■ **WORK REQUIRED**: Check each line of the entries below for the word "refl", and copy the lines that have it.

____________

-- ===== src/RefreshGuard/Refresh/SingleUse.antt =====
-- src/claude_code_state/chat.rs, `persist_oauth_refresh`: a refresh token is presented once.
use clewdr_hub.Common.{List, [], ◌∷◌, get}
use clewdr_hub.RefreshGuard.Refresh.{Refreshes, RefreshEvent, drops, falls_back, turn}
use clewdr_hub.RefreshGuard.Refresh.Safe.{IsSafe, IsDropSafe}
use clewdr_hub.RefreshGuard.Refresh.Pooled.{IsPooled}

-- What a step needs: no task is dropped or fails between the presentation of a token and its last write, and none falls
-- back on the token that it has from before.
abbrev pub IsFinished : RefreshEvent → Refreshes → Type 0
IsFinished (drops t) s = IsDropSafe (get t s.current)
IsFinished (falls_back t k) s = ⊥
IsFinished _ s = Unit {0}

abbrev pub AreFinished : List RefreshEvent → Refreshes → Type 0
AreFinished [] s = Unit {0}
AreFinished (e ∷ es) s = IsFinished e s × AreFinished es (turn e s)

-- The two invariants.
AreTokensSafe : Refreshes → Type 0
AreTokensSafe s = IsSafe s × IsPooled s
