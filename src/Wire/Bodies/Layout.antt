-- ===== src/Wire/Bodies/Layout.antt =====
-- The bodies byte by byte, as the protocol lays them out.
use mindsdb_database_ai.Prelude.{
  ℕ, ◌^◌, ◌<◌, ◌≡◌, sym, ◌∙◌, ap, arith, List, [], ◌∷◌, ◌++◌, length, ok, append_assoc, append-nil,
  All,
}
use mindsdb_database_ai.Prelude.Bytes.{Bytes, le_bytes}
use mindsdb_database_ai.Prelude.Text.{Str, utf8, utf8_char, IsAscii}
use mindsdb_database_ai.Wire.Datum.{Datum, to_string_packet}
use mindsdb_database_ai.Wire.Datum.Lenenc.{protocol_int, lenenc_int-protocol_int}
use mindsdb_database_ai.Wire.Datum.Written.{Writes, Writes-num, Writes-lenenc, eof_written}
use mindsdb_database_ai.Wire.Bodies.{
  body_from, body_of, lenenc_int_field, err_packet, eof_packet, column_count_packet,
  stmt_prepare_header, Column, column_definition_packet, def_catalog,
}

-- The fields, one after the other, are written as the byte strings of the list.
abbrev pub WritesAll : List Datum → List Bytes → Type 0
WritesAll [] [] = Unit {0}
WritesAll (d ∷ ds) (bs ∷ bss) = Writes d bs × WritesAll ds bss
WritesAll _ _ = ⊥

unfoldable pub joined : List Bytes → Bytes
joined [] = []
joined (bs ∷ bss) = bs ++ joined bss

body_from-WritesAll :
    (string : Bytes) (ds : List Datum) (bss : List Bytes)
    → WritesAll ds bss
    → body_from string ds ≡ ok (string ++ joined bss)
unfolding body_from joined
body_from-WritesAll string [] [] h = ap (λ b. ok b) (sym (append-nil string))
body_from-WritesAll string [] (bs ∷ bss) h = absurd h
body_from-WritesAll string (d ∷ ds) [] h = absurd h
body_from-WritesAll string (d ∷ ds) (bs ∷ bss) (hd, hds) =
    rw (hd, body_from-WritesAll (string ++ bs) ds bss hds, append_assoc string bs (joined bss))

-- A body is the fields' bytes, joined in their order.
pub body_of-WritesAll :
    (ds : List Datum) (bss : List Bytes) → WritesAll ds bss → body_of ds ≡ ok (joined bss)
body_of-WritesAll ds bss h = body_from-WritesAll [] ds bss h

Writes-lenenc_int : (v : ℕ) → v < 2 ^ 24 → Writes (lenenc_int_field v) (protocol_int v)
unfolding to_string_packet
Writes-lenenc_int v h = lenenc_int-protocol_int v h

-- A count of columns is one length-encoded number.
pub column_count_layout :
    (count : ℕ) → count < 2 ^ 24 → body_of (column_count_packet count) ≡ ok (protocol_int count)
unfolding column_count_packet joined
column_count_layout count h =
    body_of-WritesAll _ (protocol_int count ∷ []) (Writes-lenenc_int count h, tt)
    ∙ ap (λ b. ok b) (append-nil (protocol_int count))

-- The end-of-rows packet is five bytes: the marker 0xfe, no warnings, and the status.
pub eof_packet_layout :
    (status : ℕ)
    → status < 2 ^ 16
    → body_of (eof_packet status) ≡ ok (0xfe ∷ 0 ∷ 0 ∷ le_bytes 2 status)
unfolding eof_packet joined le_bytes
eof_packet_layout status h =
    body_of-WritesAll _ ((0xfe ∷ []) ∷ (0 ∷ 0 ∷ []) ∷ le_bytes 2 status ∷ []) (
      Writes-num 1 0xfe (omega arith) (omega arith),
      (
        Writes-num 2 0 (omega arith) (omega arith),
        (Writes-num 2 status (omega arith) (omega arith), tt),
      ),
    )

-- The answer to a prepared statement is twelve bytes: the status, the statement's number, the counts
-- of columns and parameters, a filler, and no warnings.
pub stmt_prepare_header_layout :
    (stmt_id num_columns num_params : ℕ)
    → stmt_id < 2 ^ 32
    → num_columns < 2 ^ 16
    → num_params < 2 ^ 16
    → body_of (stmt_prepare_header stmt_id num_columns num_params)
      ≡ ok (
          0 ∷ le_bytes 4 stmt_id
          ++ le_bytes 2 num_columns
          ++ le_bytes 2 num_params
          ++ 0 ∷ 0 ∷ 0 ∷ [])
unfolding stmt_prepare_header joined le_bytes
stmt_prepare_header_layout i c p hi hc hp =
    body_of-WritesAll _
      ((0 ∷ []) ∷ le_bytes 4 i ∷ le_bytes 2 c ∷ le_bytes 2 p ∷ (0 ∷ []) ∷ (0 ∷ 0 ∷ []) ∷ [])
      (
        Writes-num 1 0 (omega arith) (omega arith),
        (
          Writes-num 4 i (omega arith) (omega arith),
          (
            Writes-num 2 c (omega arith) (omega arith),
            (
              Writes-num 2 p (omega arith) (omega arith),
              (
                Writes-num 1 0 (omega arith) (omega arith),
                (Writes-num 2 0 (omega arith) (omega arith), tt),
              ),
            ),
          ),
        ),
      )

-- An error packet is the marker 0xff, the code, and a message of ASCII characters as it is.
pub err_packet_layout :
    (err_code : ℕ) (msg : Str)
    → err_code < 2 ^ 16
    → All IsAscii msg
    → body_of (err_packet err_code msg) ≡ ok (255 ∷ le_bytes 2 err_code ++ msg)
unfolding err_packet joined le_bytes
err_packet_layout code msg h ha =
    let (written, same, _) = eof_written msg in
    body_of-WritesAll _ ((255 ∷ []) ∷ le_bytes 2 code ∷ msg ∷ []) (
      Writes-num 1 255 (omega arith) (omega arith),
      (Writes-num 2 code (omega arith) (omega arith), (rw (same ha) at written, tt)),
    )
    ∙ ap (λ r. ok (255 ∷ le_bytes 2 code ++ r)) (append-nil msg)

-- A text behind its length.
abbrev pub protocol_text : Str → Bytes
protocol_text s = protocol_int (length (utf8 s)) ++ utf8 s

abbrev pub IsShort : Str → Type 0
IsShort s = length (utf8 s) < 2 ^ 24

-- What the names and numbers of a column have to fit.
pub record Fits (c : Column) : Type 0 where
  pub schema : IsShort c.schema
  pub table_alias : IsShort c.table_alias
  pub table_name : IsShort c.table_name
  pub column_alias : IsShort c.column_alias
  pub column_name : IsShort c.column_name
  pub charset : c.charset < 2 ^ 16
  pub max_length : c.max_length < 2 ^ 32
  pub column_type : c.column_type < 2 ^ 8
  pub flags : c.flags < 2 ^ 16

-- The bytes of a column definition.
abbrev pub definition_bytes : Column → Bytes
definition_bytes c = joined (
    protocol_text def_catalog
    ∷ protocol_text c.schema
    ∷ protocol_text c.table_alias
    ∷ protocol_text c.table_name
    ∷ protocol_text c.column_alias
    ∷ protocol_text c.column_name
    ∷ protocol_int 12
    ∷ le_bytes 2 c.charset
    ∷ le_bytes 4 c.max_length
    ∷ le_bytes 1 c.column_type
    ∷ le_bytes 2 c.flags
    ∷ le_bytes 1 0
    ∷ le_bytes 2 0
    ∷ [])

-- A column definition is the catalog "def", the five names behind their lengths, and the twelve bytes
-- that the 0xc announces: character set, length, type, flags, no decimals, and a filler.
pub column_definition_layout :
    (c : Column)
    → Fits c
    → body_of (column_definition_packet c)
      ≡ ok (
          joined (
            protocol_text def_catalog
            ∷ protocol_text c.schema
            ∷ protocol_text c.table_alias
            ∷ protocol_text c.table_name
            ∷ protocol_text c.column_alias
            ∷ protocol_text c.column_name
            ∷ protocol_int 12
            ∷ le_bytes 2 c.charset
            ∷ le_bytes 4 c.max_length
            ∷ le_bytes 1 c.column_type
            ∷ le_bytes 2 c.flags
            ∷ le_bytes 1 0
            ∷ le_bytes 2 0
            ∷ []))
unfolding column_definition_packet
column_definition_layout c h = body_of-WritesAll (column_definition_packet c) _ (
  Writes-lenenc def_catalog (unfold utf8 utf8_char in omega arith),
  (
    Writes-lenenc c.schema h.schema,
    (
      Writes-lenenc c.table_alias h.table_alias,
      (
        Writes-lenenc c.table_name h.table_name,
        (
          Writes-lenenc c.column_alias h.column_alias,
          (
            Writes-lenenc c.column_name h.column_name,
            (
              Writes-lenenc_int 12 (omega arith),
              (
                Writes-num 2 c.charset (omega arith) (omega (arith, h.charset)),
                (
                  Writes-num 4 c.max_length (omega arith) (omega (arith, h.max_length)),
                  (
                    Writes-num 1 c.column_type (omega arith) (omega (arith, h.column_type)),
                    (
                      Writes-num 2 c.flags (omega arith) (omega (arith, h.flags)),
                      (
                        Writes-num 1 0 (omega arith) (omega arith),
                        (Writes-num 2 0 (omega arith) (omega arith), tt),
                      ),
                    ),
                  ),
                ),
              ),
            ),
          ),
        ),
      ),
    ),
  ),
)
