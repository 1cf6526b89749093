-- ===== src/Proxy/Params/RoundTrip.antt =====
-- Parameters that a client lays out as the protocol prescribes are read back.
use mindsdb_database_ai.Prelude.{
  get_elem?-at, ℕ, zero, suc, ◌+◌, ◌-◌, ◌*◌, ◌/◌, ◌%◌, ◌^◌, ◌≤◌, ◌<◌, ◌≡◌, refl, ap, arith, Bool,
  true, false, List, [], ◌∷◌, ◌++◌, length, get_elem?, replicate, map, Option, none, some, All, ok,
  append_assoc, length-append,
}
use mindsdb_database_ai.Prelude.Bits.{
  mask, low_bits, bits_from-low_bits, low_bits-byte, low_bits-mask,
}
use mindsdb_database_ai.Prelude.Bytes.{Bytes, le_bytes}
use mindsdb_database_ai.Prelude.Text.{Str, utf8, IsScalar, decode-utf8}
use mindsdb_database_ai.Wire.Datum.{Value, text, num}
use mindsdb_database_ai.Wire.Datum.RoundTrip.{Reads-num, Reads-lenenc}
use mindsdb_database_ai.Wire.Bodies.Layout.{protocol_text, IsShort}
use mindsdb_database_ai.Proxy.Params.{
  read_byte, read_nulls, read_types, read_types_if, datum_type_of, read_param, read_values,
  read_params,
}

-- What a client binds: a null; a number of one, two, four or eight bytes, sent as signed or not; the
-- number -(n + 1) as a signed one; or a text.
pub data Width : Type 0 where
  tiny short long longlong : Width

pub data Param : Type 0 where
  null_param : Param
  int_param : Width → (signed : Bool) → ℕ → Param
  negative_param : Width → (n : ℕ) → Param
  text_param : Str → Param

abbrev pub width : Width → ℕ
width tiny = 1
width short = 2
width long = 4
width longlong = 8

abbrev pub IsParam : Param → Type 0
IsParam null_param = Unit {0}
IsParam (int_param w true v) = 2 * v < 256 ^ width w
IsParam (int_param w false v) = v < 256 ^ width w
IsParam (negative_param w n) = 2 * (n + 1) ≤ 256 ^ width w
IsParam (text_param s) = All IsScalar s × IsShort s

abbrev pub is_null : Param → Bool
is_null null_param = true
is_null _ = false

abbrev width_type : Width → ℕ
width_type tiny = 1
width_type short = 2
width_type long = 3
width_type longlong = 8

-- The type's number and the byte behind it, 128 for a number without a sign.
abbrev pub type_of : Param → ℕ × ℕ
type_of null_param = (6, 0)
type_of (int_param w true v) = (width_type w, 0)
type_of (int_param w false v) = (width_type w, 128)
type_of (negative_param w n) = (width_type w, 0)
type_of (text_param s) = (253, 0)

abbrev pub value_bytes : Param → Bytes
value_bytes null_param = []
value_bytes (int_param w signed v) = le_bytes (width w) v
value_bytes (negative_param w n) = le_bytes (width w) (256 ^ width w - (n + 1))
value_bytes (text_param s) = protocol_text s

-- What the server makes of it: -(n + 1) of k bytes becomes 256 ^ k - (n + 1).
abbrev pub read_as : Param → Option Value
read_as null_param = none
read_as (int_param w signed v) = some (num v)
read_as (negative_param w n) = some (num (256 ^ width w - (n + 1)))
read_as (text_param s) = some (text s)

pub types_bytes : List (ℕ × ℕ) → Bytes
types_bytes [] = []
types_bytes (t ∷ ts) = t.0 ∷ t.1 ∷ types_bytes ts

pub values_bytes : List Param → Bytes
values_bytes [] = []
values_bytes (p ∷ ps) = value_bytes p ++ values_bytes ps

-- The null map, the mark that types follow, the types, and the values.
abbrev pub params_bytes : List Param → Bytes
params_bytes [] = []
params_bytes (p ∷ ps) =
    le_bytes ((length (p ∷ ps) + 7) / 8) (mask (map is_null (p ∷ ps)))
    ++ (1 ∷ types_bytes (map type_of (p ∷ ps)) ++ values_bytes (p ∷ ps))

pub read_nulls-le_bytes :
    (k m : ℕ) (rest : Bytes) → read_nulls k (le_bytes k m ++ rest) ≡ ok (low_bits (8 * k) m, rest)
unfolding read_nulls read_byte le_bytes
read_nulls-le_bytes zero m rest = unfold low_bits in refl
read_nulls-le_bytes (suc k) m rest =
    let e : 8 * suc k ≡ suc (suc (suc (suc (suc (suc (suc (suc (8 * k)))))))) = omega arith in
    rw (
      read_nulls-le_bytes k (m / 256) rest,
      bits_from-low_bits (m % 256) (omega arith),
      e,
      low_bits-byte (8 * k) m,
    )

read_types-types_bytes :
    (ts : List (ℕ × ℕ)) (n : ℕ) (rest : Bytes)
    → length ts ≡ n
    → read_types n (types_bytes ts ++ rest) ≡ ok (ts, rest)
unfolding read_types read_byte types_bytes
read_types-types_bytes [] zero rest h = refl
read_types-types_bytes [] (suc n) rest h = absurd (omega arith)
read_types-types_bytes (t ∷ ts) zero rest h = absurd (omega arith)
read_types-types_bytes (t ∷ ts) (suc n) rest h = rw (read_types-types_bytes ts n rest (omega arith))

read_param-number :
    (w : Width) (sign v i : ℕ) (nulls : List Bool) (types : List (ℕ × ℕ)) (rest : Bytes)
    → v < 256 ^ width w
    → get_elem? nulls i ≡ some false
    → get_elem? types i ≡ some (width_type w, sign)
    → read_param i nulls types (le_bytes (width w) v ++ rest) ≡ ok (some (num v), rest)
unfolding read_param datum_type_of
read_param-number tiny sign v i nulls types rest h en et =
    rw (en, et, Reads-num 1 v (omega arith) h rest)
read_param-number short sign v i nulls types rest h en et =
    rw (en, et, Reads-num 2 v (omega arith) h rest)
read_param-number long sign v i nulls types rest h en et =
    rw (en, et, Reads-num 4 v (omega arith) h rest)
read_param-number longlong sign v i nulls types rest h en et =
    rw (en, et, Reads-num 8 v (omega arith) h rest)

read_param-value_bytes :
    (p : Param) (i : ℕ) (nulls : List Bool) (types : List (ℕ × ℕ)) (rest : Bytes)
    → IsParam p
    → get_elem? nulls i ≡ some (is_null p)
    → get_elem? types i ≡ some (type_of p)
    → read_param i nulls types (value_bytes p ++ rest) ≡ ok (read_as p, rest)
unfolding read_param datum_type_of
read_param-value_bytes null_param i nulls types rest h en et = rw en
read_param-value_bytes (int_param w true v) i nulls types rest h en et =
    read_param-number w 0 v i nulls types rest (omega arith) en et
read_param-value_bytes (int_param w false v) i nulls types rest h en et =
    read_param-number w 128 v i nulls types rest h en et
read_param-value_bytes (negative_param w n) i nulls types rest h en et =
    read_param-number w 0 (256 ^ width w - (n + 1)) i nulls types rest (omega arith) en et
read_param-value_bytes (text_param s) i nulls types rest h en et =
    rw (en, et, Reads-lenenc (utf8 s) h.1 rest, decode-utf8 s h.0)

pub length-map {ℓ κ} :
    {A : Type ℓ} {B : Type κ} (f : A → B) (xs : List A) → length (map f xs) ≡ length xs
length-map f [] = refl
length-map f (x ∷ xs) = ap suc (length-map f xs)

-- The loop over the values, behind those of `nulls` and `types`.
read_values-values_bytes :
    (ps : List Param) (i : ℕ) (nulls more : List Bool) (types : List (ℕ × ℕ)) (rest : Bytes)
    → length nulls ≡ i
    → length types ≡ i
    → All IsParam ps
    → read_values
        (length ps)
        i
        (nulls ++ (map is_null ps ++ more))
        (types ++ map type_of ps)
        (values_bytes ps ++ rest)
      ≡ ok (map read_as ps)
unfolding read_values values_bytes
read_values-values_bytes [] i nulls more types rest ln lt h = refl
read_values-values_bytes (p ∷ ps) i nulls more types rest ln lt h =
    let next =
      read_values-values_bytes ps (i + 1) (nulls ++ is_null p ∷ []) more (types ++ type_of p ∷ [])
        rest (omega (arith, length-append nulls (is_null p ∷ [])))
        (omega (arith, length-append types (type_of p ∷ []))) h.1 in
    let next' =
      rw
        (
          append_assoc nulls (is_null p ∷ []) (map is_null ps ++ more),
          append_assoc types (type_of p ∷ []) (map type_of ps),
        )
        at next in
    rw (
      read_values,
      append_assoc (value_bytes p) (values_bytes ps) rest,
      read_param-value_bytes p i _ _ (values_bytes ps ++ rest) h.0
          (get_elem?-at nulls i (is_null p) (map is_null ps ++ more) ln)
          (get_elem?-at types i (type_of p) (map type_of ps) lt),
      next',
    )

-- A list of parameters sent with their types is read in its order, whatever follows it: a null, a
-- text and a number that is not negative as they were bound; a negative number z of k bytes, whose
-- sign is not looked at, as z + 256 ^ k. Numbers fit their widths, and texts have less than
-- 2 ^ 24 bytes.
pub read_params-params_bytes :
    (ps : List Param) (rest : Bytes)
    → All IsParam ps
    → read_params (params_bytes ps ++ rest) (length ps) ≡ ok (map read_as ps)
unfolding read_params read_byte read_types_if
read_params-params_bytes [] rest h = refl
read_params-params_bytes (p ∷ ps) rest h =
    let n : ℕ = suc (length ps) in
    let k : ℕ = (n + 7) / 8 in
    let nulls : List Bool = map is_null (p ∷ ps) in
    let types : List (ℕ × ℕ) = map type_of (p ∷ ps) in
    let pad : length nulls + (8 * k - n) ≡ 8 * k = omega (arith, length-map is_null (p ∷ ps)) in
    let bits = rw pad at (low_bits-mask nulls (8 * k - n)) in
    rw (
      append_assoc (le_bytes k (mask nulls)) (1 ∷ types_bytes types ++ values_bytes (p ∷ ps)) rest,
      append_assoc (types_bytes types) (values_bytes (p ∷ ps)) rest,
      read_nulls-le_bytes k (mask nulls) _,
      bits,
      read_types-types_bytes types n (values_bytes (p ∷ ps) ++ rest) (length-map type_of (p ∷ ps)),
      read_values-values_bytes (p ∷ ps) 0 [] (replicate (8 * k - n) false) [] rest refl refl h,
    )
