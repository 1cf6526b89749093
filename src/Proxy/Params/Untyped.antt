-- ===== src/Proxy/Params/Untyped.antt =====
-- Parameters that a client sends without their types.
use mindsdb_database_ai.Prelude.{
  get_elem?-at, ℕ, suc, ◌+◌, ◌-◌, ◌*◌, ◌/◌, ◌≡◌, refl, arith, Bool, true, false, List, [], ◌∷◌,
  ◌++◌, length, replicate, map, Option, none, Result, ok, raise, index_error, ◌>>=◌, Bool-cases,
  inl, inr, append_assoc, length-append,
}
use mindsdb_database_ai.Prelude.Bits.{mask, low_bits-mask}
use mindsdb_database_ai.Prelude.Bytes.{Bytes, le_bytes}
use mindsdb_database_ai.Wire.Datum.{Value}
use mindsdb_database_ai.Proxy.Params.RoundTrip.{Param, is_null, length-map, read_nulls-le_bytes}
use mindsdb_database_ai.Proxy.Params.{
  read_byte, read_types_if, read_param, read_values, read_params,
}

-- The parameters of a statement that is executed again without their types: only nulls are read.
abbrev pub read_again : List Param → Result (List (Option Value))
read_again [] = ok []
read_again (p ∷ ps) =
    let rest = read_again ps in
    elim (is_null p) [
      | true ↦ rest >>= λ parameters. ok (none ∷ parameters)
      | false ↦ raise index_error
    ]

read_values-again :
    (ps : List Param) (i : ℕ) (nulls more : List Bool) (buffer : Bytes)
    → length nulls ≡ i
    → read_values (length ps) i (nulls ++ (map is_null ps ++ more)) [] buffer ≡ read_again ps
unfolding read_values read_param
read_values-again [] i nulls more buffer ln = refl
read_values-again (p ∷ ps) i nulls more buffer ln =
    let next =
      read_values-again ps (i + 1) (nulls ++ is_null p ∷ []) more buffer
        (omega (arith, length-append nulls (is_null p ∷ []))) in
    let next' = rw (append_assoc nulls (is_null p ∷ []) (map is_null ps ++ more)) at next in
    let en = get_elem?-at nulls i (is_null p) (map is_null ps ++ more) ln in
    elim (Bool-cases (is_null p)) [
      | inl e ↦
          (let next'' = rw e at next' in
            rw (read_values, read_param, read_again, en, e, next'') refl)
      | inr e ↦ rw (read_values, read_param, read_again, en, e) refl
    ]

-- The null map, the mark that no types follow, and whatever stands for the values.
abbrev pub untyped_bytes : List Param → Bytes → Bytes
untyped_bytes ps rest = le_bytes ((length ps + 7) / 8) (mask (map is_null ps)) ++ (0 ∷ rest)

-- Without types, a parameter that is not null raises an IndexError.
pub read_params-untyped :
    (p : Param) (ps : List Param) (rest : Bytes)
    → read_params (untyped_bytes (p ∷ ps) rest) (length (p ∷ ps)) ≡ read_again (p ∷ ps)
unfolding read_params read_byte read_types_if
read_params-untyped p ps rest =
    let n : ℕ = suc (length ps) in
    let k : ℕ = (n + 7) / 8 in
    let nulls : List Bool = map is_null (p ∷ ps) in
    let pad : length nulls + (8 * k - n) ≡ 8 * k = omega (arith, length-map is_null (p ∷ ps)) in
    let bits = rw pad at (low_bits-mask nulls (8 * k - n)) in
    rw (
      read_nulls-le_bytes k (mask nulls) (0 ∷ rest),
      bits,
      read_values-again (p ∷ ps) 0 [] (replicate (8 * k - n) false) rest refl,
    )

____________

■ **ANSWER FOR THE TASK**:
  get_elem?-at, ℕ, zero, suc, ◌+◌, ◌-◌, ◌*◌, ◌/◌, ◌%◌, ◌^◌, ◌≤◌, ◌<◌, ◌≡◌, refl, ap, arith, Bool,
read_nulls-le_bytes zero m rest = unfold low_bits in refl
read_types-types_bytes [] zero rest h = refl
length-map f [] = refl
read_values-values_bytes [] i nulls more types rest ln lt h = refl
read_params-params_bytes [] rest h = refl
      read_values-values_bytes (p ∷ ps) 0 [] (replicate (8 * k - n) false) [] rest refl refl h,
  get_elem?-at, ℕ, suc, ◌+◌, ◌-◌, ◌*◌, ◌/◌, ◌≡◌, refl, arith, Bool, true, false, List, [], ◌∷◌,
read_values-again [] i nulls more buffer ln = refl
            rw (read_values, read_param, read_again, en, e, next'') refl)
      | inr e ↦ rw (read_values, read_param, read_again, en, e) refl
      read_values-again (p ∷ ps) 0 [] (replicate (8 * k - n) false) rest refl,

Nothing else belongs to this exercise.